GAN vs. transformer: Best use cases for each model
GANs are more flexible in their potential range of applications, according to Richard Searle, vice president of confidential computing at Fortanix, a data security platform. They're also useful where imbalanced data, such as a small number of positive cases compared to the volume of negative instances, can lead to numerous false-positive classifications. As a result, adversarial learning has shown promise in use cases where there's limited training data for discrimination tasks or in fraud detection where only a small number of transactions might represent fraud compared to more common ones. In a fraud scenario, for example, hackers constantly introduce new inputs to fool fraud detection algorithms. GANs tend to be better at adapting to and protecting against these kinds of techniques.
Transformers are typically used where sequential input-output relationships must be derived, Searle said, and the number of possible combinations of features requires focused attention to provide local context. For this reason, transformers have established preeminence in NLP applications, as they can process content of any length, such as phrases or whole documents. Transformers are also good at suggesting the next move in applications like gaming, where a set of potential responses must be evaluated with respect to the conditional sequence of inputs.

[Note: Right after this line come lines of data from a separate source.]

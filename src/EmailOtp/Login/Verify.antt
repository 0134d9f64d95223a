-- ===== src/EmailOtp/Login/Verify.antt =====
-- What one call of `verify` does to a login challenge that is kept in memory.
use ms_auth_service.Prelude.{
  ℕ, String, ◌≡◌, ◌≢◌, refl, true, false, ◌&&◌, not, none, some, ◌⊎◌, inl, inr, arith, ◌==◌, eq_iff,
  eq_refl, if◌then◌else◌, Bool-cases,
}
use ms_auth_service.Py.Int.{ℤ, add_one, le_nat, ge_nat}
use ms_auth_service.Py.Str.{◌++◌, is_ascii, normalize_email}
use ms_auth_service.Py.Dict.{lookup, insert}
use ms_auth_service.Py.Dict.Laws.{lookup-insert, lookup-insert_self, lookup-erase_self, kept}
use ms_auth_service.Py.Value.{Value}
use ms_auth_service.Py.Exec.{Exn, ok, raise}
use ms_auth_service.Redis.{Redis}
use ms_auth_service.EmailOtp.{Otp, Record, is_unexpired, compare_digest}
use ms_auth_service.EmailOtp.Store.{Prefix, mem_key, cleanup_memory}
use ms_auth_service.EmailOtp.Local.{
  IsReady, require_ready_local, code_digest_local, load_local, save_local, delete_local,
  lookup-cleanup_memory, cleanup_memory-IsDict,
}
use ms_auth_service.EmailOtp.Login.{
  Fields, fields, verify, verify_loaded, verify_record, compare_code, miss,
}

pub fields-is_unexpired :
    (r : Record) (f : Fields) (now : ℕ)
    → fields r ≡ some f
    → is_unexpired now r ≡ not (le_nat f.expires_at now)
unfolding fields is_unexpired
fields-is_unexpired r f now e = ground arith

-- The fields of a record whose attempts are written.
pub fields-insert_attempts :
    (r : Record) (f : Fields) (a : ℤ)
    → fields r ≡ some f
    → fields (insert "attempts" (Value.int a) r) ≡ some (record f { attempts = a })
unfolding fields
fields-insert_attempts r f a e = simp lookup-insert (ground arith)

module _ {Server : Type 0} (redis : Redis Server) (hmac : String → String → String) (key : String)
    (clock : ℕ → ℕ) (id email code : String) where
  -- The service after the cleanup of `_load`.
  abbrev swept : Otp Server → Otp Server
  swept s = record s { memory = cleanup_memory (clock 0) s.memory }

  swept-IsReady : {s : Otp Server} → IsReady key s → IsReady key (swept s)
  swept-IsReady {s} h = record {
    enabled = h.enabled;
    secret = h.secret;
    host = h.host;
    local = h.local;
    memory = cleanup_memory-IsDict (clock 0) s.memory h.memory;
  }

  verify_swept :
      (s : Otp Server)
      → IsReady key s
      → verify redis hmac clock id email code s
        ≡ verify_loaded redis hmac clock id email code
            (lookup id (cleanup_memory (clock 0) s.memory))
            (swept s)
  unfolding verify mem_key
  verify_swept s h = rw (require_ready_local h, load_local h redis (clock 0) id Prefix.login)

  -- With no open challenge of that id the call is refused, and the id stays unknown.
  pub verify_unknown :
      (s : Otp Server)
      → IsReady key s
      → lookup id s.memory ≡ none
      → ((verify redis hmac clock id email code s).0 ≡ raise Exn.email_otp_invalid)
        × (lookup id (verify redis hmac clock id email code s).1.memory ≡ none)
  unfolding verify_loaded
  verify_unknown s h e =
      let gone : lookup id (cleanup_memory (clock 0) s.memory) ≡ none =
        rw (lookup-cleanup_memory (clock 0) id s.memory h.memory, e) in
      rw (verify_swept s h, gone) (refl, gone)

  module _ (s : Otp Server) (h : IsReady key s) (r : Record) (f : Fields)
      (found : lookup id s.memory ≡ some r) (typed : fields r ≡ some f) where
    verify_open :
        le_nat f.expires_at (clock 0) ≡ false
        → verify redis hmac clock id email code s
          ≡ verify_record redis hmac clock id email code r (some f) (swept s)
    unfolding verify_loaded
    verify_open e =
        let still : lookup id (cleanup_memory (clock 0) s.memory) ≡ some r = rw (
          lookup-cleanup_memory (clock 0) id s.memory h.memory,
          found,
          kept,
          fields-is_unexpired r f (clock 0) typed,
          e,
        ) in
        rw (verify_swept s h, still, typed)

    -- A challenge in memory that has expired by the time of the call is refused whatever the
    -- code is, and is gone after it.
    pub verify_expired :
        (le_nat f.expires_at (clock 0) ≡ true) ⊎ (le_nat f.expires_at (clock 1) ≡ true)
        → ((verify redis hmac clock id email code s).0 ≡ raise Exn.email_otp_invalid)
          × (lookup id (verify redis hmac clock id email code s).1.memory ≡ none)
    unfolding verify_record verify_loaded mem_key
    verify_expired e = elim (Bool-cases (le_nat f.expires_at (clock 0))) [
      | inl x ↦
          let gone : lookup id (cleanup_memory (clock 0) s.memory) ≡ none = rw (
            lookup-cleanup_memory (clock 0) id s.memory h.memory,
            found,
            kept,
            fields-is_unexpired r f (clock 0) typed,
            x,
          ) in
          rw (verify_swept s h, gone) (refl, gone)
      | inr x ↦
          let now : le_nat f.expires_at (clock 1) ≡ true = elim e [
            | inl y ↦ cc (x, y)
            | inr y ↦ y
          ] in
          rw (verify_open x, now, delete_local (swept-IsReady h) redis id Prefix.login)
            (refl, lookup-erase_self id _)
    ]

    module _ (open0 : le_nat f.expires_at (clock 0) ≡ false)
        (open1 : le_nat f.expires_at (clock 1) ≡ false) where
      -- A challenge whose attempts are used up is refused whatever the code is, and is gone.
      pub verify_exhausted :
          ge_nat f.attempts s.max_attempts ≡ true
          → ((verify redis hmac clock id email code s).0 ≡ raise Exn.email_otp_invalid)
            × (lookup id (verify redis hmac clock id email code s).1.memory ≡ none)
      unfolding verify_record mem_key
      verify_exhausted e =
          rw (verify_open open0, open1, e, delete_local (swept-IsReady h) redis id Prefix.login)
            (refl, lookup-erase_self id _)

      module _ (left : ge_nat f.attempts s.max_attempts ≡ false) where
        verify_compared :
            verify redis hmac clock id email code s
            ≡ compare_code redis hmac clock id email code r f (swept s)
        unfolding verify_record
        verify_compared = rw (verify_open open0, open1, left)

        -- For an open challenge in memory with an attempt left and ASCII fields: the right code
        -- for the right email is accepted, and the challenge is gone.
        pub verify_right :
            is_ascii f.email ≡ true
            → f.email ≡ normalize_email email
            → is_ascii f.code_digest ≡ true
            → f.code_digest ≡ hmac key (id ++ (":" ++ code))
            → ((verify redis hmac clock id email code s).0 ≡ ok tt)
              × (lookup id (verify redis hmac clock id email code s).1.memory ≡ none)
        unfolding compare_code compare_digest mem_key
        verify_right ae ee ac ec =
            rw
              (
                verify_compared,
                code_digest_local (swept-IsReady h) hmac id code,
                ← ee,
                ← ec,
                ae,
                ac,
                eq_refl f.email,
                eq_refl f.code_digest,
                delete_local (swept-IsReady h) redis id Prefix.login,
              )
              (refl, lookup-erase_self id _)

        -- For an open challenge in memory with an attempt left, and ASCII emails and digests: a
        -- wrong email or code is refused and counts as an attempt; the last attempt takes the
        -- challenge away.
        pub verify_wrong :
            is_ascii f.email ≡ true
            → is_ascii (normalize_email email) ≡ true
            → is_ascii f.code_digest ≡ true
            → is_ascii (hmac key (id ++ (":" ++ code))) ≡ true
            → (f.email ≢ normalize_email email) ⊎ (f.code_digest ≢ hmac key (id ++ (":" ++ code)))
            → ((verify redis hmac clock id email code s).0 ≡ raise Exn.email_otp_invalid)
              × (lookup id (verify redis hmac clock id email code s).1.memory ≡ (
                  if ge_nat (add_one f.attempts) s.max_attempts
                  then none
                  else some (insert "attempts" (Value.int (add_one f.attempts)) r)))
        unfolding compare_code compare_digest miss mem_key
        verify_wrong ae ae' ac ac' ne =
            let submitted = hmac key (id ++ (":" ++ code)) in
            let differ : ((f.email == normalize_email email) && (f.code_digest == submitted))
                ≡ false =
              ground
                (arith, eq_iff f.email (normalize_email email), eq_iff f.code_digest submitted) in
            let r' = insert "attempts" (Value.int (add_one f.attempts)) r in
            rw
              (
                verify_compared,
                code_digest_local (swept-IsReady h) hmac id code,
                ae,
                ae',
                ac,
                ac',
                differ,
              )
              (elim (Bool-cases (ge_nat (add_one f.attempts) s.max_attempts)) [
                | inl e ↦
                    rw (e, delete_local (swept-IsReady h) redis id Prefix.login)
                      (refl, lookup-erase_self id _)
                | inr e ↦
                    rw (e, save_local (swept-IsReady h) redis (clock 2) id r' _ Prefix.login)
                      (refl, lookup-insert_self id r' _)
              ])

        -- An email that is not ASCII ends in a `TypeError`, and nothing is counted.
        pub verify_non_ascii :
            is_ascii (normalize_email email) ≡ false
            → verify redis hmac clock id email code s ≡ (raise Exn.type_error, swept s)
        unfolding compare_code compare_digest
        verify_non_ascii e = elim (Bool-cases (is_ascii f.email)) [
          | inl a ↦ rw (verify_compared, code_digest_local (swept-IsReady h) hmac id code, a, e)
          | inr a ↦ rw (verify_compared, code_digest_local (swept-IsReady h) hmac id code, a)
        ]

There's also active research into combining GANs and transformers into so-called GANsformers. The idea is to use a transformer to provide an attentional reference so the generator can increase the use of context to enhance content.
"The intuition behind GANsformers is that human attention is based on the specific local features of an object of interest, in addition to the latent global characteristics," Searle explained. The resulting improved representations are more likely to simulate both the global and local features a human may perceive in an authentic sample, such as a realistic face or computer-generated audio consistent with a human voice's tone and rhythm.

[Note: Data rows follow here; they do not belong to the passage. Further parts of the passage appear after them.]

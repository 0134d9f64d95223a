-- ===== src/EmailOtp/Reset/Agree.antt =====
-- `verify_password_reset` with its challenges in Redis and with its challenges in memory.
use ms_auth_service.Prelude.{ℕ, String, ◌≡◌, refl, true, false, some, arith, ◌∙◌, ap, sym, none}
use mathlib.Core.Option
use ms_auth_service.Py.Int.{le_nat, ge_nat}
use ms_auth_service.Py.Str.{◌++◌, is_ascii, normalize_email}
use ms_auth_service.Py.Dict.{lookup}
use ms_auth_service.Py.Exec.{ok, Result, raise}
use ms_auth_service.Redis.{Redis, eval}
use ms_auth_service.Redis.Laws.{IsReachable}
use ms_auth_service.EmailOtp.{Otp, Record, is_unexpired}
use ms_auth_service.EmailOtp.Store.{Prefix, full_key, mem_key, cleanup_memory, dumps}
use ms_auth_service.EmailOtp.Local.{
  IsReady, require_ready_local, code_digest_local, lookup-cleanup_memory,
}
use ms_auth_service.EmailOtp.Remote.{
  IsConnected, require_ready_remote, code_digest_remote, redis_command_remote, eval_remote,
}
use ms_auth_service.EmailOtp.Login.{Fields, fields}
use ms_auth_service.EmailOtp.Login.Verify.{fields-is_unexpired}
use ms_auth_service.EmailOtp.Reset.{
  Answer, answered, judge, reset_fields, lua_fields, verify_script, verify_redis, verify_memory,
  verify_password_reset, valid, invalid, exceeded,
}
use ms_auth_service.EmailOtp.Reset.Decide.{
  LuaDecodes, decide, verify_script-Does, judge-decide, decide-valid,
}

pub fields-reset_fields : (r : Record) (f : Fields) → reset_fields r ≡ some f → fields r ≡ some f
unfolding reset_fields
fields-reset_fields r f e = ground arith

open_fields :
    (now : ℕ) (r : Record) (f : Fields)
    → is_unexpired now r ≡ true
    → fields r ≡ some f
    → le_nat f.expires_at now ≡ false
open_fields now r f u e = ground (arith, fields-is_unexpired r f now e)

answered-valid : (a : Answer) (r : Record) → answered a ≡ ok r → a ≡ valid r
answered-valid invalid r e = ground arith
answered-valid exceeded r e = ground arith
answered-valid (valid x) r e =
    ap (λ (o : Result Record). elim o [ ok y ↦ valid y | raise _ ↦ valid x ]) e

module _ {Server : Type 0} (redis : Redis Server) (hmac : String → String → String)
    (ascii : (k p : String) → is_ascii (hmac k p) ≡ true) (key : String) (now : ℕ)
    (id email code : String) where
  abbrev digest : String
  digest = hmac key (id ++ (":" ++ code))

  -- In memory the call is decided on what the cleanup has left.
  verify_local :
      (s : Otp Server)
      → IsReady key s
      → let memory = cleanup_memory now s.memory in
        let k = mem_key Prefix.reset id in
        let j = judge s.max_attempts k (normalize_email email) digest memory (lookup k memory) in
        verify_password_reset redis hmac now id email code s ≡ (j.0, record s { memory = j.1 })
  unfolding verify_password_reset verify_memory
  verify_local s h = rw (require_ready_local h, code_digest_local h hmac id code, h.local)

  -- With the challenges in memory, for a record that is found and has not expired and whose
  -- digest is ASCII, `verify_password_reset` answers and stores what `decide` says of the
  -- record.
  pub verify_password_reset_local :
      (s : Otp Server) (r : Record)
      → IsReady key s
      → lookup (mem_key Prefix.reset id) s.memory ≡ some r
      → is_unexpired now r ≡ true
      → ((f : Fields) → reset_fields r ≡ some f → is_ascii f.code_digest ≡ true)
      → let d = decide s.max_attempts now (normalize_email email) digest (some r) in
        let v = verify_password_reset redis hmac now id email code s in
        (v.0 ≡ answered d.0) × (lookup (mem_key Prefix.reset id) v.1.memory ≡ d.1)
  verify_password_reset_local s r h found unexpired ascii' =
      let memory = cleanup_memory now s.memory in
      let still : lookup (mem_key Prefix.reset id) memory ≡ some r =
        lookup-cleanup_memory now (mem_key Prefix.reset id) s.memory h.memory
        ∙ rw (found, unexpired) refl in
      let typed = fields-reset_fields r in
      rw (verify_local s h, still)
        (judge-decide s.max_attempts now (normalize_email email) digest (mem_key Prefix.reset id)
          memory r (ascii key (id ++ (":" ++ code))) still
          (λ f e. (open_fields now r f unexpired (typed f e), ascii' f e)))

  -- The call when the server carries the script out.
  verify_remote :
      (s : Otp Server) (a : Answer) (t : Server)
      → IsConnected key s
      → IsReachable redis
      → verify_script redis
          (full_key Prefix.reset id)
          (normalize_email email)
          digest
          now
          s.max_attempts
          s.server
        ≡ (ok a, t)
      → verify_password_reset redis hmac now id email code s ≡ (answered a, record s { server = t })
  unfolding verify_password_reset verify_redis
  verify_remote s a t h law e =
      let m =
        verify_script redis (full_key Prefix.reset id) (normalize_email email) digest now
          s.max_attempts in
      rw
        (
          require_ready_remote h,
          code_digest_remote h hmac id code,
          h.remote,
          redis_command_remote h redis law "Redis verification failed" (eval redis m) a t
              (eval_remote redis law m a s.server t e),
        )
        refl

  -- With a Redis server that can be reached, and a stored record that cjson decodes as it is
  -- and whose numbers are numbers in Lua too, `verify_password_reset` answers what `decide` says
  -- of the record, and stores the text that cjson writes of what `decide` leaves.
  pub verify_password_reset_remote :
      (law : IsReachable redis) (s : Otp Server) (r : Record)
      → IsConnected key s
      → law.contents s.server (full_key Prefix.reset id) ≡ some (dumps r)
      → LuaDecodes redis r
      → lua_fields r ≡ reset_fields r
      → let d = decide s.max_attempts now (normalize_email email) digest (some r) in
        let v = verify_password_reset redis hmac now id email code s in
        (v.0 ≡ answered d.0)
        × (law.contents v.1.server (full_key Prefix.reset id) ≡ Option.map redis.cjson_encode d.1)
  verify_password_reset_remote law s r h stored decoded same =
      let d = decide s.max_attempts now (normalize_email email) digest (some r) in
      let k = full_key Prefix.reset id in
      let v = verify_script redis k (normalize_email email) digest now s.max_attempts s.server in
      let (e, c) =
        verify_script-Does s.max_attempts now (normalize_email email) digest redis law k r s.server
          stored decoded same in
      let v_eq : v ≡ (ok d.0, v.1) = rw e refl in rw (verify_remote s d.0 v.1 h law v_eq) (refl, c)

  -- With a Redis server that can be reached, and a stored record that cjson decodes as it is
  -- and whose numbers are numbers in Lua too: a reset code is accepted only from the email of its record and for the code of its
  -- record, before it expires and with an attempt left; the record is the answer, and is gone.
  pub verify_password_reset_sound :
      (law : IsReachable redis) (s : Otp Server) (r r' : Record)
      → IsConnected key s
      → law.contents s.server (full_key Prefix.reset id) ≡ some (dumps r)
      → LuaDecodes redis r
      → lua_fields r ≡ reset_fields r
      → (verify_password_reset redis hmac now id email code s).0 ≡ ok r'
      → (f : Fields) × (reset_fields r ≡ some f)
        × (r' ≡ r)
        × (f.email ≡ normalize_email email)
        × (f.code_digest ≡ digest)
        × (le_nat f.expires_at now ≡ false)
        × (ge_nat f.attempts s.max_attempts ≡ false)
        × (law.contents
              (verify_password_reset redis hmac now id email code s).1.server
              (full_key Prefix.reset id)
            ≡ none)
  verify_password_reset_sound law s r r' h stored decoded same e =
      let d = decide s.max_attempts now (normalize_email email) digest (some r) in
      let (a, c) = verify_password_reset_remote law s r h stored decoded same in
      let (f, typed, rec, owner, right, fresh, left, gone) =
        decide-valid s.max_attempts now (normalize_email email) digest r r'
          (answered-valid d.0 r' (sym a ∙ e)) in
      (f, typed, rec, owner, right, fresh, left, c ∙ ap (Option.map redis.cjson_encode) gone)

Are transformer-based networks stronger than GANs?
Searle expects to see more integration to create text, voice and image data with enhanced realism. "This may be desirable where improved contextual realism or fluency in human-machine interaction or digital content would enhance the user experience," he said. For example, GANsformers might be able to generate synthetic data to pass the Turing test when confronted by both a human user and a trained machine evaluator. In the case of text responses, such as those furnished by a GPT system, the inclusion of idiosyncratic errors or stylistic traits could mask the true origin of an AI-derived output.
Conversely, improved realism may be problematic with deepfakes used to launch cyber attacks, damage brands or spread fake news. In these cases, GANsformers could provide better filters to detect deepfakes.
"The use of adversarial training and contextual evaluation could produce AI systems able to provide enhanced security, improved content filtering and defense against misinformation attacks using generative botnets," Searle said.
But Zidaritz believes transformers can potentially edge out GANs in many use cases since they can be applied to text and images more easily. "New GANs will continue to be developed, but their applications will be more limited than that of GPTs," he said. "It is also likely that we will see more GAN-like transformers and transformer-like GANs, in both of which the transformer with its self-attention or its self-similarity mechanism will be central."